EXTRACTED INFORMATION:

☆ ☆ ☆ ☆ ☆ ☆ ☆

-- ===== src/TradeJobs/State/Forward.antt =====
-- The table of transitions only leads forward.
use ctreader.Prelude.{ℕ, ◌≡◌, ◌<◌, ◌⊎◌, true, arith}
use ctreader.TradeJobs.State.{
  TradeJobStatus, draft, scheduled, synced, armed, submitted, partially_filled, filled, managed,
  can_transition,
}

-- How far a job has come; all final statuses share the last rank.
abbrev pub rank : TradeJobStatus → ℕ
rank draft = 0
rank scheduled = 1
rank synced = 2
rank armed = 3
rank submitted = 4
rank partially_filled = 5
rank filled = 6
rank managed = 7
rank _ = 8

pub can_transition-forward :
    (a b : TradeJobStatus) → can_transition a b ≡ true → (a ≡ b) ⊎ (rank a < rank b)
unfolding can_transition
can_transition-forward draft b h = ground arith
can_transition-forward _ b h = ground arith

☆ ☆ ☆ ☆ ☆ ☆ ☆

WORK INSTRUCTION: Set every record down word for word, omitting none.

RESULT OF THE TASK:
-- ===== src/TradeJobs/State/Forward.antt =====
-- The table of transitions only leads forward.
use ctreader.Prelude.{ℕ, ◌≡◌, ◌<◌, ◌⊎◌, true, arith}
use ctreader.TradeJobs.State.{
  TradeJobStatus, draft, scheduled, synced, armed, submitted, partially_filled, filled, managed,
  can_transition,
}

-- How far a job has come; all final statuses share the last rank.
abbrev pub rank : TradeJobStatus → ℕ
rank draft = 0
rank scheduled = 1
rank synced = 2
rank armed = 3
rank submitted = 4
rank partially_filled = 5
rank filled = 6
rank managed = 7
rank _ = 8

pub can_transition-forward :
    (a b : TradeJobStatus) → can_transition a b ≡ true → (a ≡ b) ⊎ (rank a < rank b)
unfolding can_transition
can_transition-forward draft b h = ground arith
can_transition-forward _ b h = ground arith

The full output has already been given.